*** Data supplied ***

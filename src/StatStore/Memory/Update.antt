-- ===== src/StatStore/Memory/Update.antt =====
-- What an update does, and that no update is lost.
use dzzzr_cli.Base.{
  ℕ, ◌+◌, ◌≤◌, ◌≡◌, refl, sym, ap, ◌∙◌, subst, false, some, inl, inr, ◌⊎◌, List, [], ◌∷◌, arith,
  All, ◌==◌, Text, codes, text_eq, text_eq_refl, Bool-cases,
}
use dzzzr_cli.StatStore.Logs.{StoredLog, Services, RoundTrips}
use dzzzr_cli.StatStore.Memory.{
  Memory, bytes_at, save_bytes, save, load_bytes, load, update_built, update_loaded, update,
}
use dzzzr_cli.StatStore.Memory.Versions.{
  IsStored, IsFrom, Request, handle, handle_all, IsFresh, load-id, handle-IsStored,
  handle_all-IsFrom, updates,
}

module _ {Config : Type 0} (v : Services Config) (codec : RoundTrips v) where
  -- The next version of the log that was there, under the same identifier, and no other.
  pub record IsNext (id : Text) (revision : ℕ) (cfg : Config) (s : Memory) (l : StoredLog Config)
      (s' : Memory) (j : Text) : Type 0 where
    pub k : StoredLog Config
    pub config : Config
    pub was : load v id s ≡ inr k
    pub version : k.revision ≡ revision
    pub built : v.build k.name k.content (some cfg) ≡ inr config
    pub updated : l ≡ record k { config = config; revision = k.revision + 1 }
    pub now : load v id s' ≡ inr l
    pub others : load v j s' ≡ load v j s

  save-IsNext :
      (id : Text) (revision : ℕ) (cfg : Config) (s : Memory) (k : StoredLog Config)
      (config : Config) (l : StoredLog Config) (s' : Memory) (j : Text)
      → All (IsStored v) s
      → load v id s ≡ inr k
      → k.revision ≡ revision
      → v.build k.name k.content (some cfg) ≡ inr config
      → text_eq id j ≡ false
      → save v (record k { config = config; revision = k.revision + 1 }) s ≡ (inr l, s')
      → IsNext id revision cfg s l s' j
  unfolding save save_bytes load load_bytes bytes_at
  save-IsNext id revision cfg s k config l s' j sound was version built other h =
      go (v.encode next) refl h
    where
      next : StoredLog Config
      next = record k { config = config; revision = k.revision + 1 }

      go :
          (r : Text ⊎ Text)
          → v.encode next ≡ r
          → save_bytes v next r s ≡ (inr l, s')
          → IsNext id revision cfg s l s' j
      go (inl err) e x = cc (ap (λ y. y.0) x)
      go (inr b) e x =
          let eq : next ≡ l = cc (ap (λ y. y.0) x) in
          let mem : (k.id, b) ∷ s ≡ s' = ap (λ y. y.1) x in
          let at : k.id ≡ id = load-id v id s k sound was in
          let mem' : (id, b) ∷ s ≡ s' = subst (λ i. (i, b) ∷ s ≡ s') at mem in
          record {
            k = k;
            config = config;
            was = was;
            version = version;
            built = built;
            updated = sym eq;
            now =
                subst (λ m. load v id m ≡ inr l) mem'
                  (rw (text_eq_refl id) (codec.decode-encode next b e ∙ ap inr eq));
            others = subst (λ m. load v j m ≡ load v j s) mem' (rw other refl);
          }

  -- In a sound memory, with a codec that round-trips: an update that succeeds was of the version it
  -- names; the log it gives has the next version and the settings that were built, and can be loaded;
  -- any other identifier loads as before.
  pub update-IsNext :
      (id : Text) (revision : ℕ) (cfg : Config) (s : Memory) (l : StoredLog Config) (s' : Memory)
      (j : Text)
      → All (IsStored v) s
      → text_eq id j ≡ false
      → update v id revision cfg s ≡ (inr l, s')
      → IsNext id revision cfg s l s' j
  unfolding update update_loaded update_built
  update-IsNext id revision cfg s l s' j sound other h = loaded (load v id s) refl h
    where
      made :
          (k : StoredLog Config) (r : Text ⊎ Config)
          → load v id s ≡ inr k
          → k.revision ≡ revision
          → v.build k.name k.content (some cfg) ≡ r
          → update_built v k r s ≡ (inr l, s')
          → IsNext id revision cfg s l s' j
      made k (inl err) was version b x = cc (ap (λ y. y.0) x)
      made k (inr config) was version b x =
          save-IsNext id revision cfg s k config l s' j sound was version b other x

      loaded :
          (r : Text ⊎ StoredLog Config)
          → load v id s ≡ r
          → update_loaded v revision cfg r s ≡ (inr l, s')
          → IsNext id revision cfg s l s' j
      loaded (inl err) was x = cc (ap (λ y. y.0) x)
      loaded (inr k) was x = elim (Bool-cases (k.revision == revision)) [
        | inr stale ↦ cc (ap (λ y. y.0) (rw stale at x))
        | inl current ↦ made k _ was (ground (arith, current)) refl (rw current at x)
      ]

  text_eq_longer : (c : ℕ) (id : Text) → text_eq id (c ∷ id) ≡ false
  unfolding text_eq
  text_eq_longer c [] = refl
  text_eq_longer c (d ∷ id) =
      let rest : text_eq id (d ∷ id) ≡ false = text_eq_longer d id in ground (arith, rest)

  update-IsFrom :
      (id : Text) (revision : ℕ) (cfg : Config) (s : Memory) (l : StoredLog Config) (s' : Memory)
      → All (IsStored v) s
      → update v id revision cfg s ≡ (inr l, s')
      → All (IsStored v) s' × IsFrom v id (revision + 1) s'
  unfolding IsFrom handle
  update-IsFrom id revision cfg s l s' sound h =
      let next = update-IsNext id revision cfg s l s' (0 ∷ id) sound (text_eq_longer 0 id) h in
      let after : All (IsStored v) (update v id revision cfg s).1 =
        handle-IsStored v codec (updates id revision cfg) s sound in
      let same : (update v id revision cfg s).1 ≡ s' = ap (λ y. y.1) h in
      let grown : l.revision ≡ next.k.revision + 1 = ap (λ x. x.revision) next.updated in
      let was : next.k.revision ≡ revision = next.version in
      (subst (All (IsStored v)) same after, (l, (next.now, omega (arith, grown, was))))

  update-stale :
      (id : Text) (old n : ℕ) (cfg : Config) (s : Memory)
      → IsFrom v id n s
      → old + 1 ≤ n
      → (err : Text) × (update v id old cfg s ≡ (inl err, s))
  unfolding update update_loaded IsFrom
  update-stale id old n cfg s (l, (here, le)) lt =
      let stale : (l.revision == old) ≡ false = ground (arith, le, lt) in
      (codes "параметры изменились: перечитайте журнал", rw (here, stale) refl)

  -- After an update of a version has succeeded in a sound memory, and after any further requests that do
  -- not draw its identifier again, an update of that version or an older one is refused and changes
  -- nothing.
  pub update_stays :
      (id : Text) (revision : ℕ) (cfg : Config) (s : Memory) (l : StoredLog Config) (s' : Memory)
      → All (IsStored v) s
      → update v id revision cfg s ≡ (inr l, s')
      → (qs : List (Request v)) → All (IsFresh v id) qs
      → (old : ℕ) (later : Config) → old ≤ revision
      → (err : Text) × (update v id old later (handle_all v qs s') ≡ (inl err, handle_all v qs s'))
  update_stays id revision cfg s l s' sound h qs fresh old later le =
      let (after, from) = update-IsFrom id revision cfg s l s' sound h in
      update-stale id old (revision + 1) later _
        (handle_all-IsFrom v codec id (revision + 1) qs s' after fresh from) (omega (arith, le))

*** End of Data supplied ***

-- What is required --
Would you retype exactly the lines above, from the line with "made k (inr" to the line with "unfolding IsFrom handle", with both end lines kept and nothing more?

-- Answer section --
      made k (inr config) was version b x =
          save-IsNext id revision cfg s k config l s' j sound was version b other x

      loaded :
          (r : Text ⊎ StoredLog Config)
          → load v id s ≡ r
          → update_loaded v revision cfg r s ≡ (inr l, s')
          → IsNext id revision cfg s l s' j
      loaded (inl err) was x = cc (ap (λ y. y.0) x)
      loaded (inr k) was x = elim (Bool-cases (k.revision == revision)) [
        | inr stale ↦ cc (ap (λ y. y.0) (rw stale at x))
        | inl current ↦ made k _ was (ground (arith, current)) refl (rw current at x)
      ]

  text_eq_longer : (c : ℕ) (id : Text) → text_eq id (c ∷ id) ≡ false
  unfolding text_eq
  text_eq_longer c [] = refl
  text_eq_longer c (d ∷ id) =
      let rest : text_eq id (d ∷ id) ≡ false = text_eq_longer d id in ground (arith, rest)

  update-IsFrom :
      (id : Text) (revision : ℕ) (cfg : Config) (s : Memory) (l : StoredLog Config) (s' : Memory)
      → All (IsStored v) s
      → update v id revision cfg s ≡ (inr l, s')
      → All (IsStored v) s' × IsFrom v id (revision + 1) s'
  unfolding IsFrom handle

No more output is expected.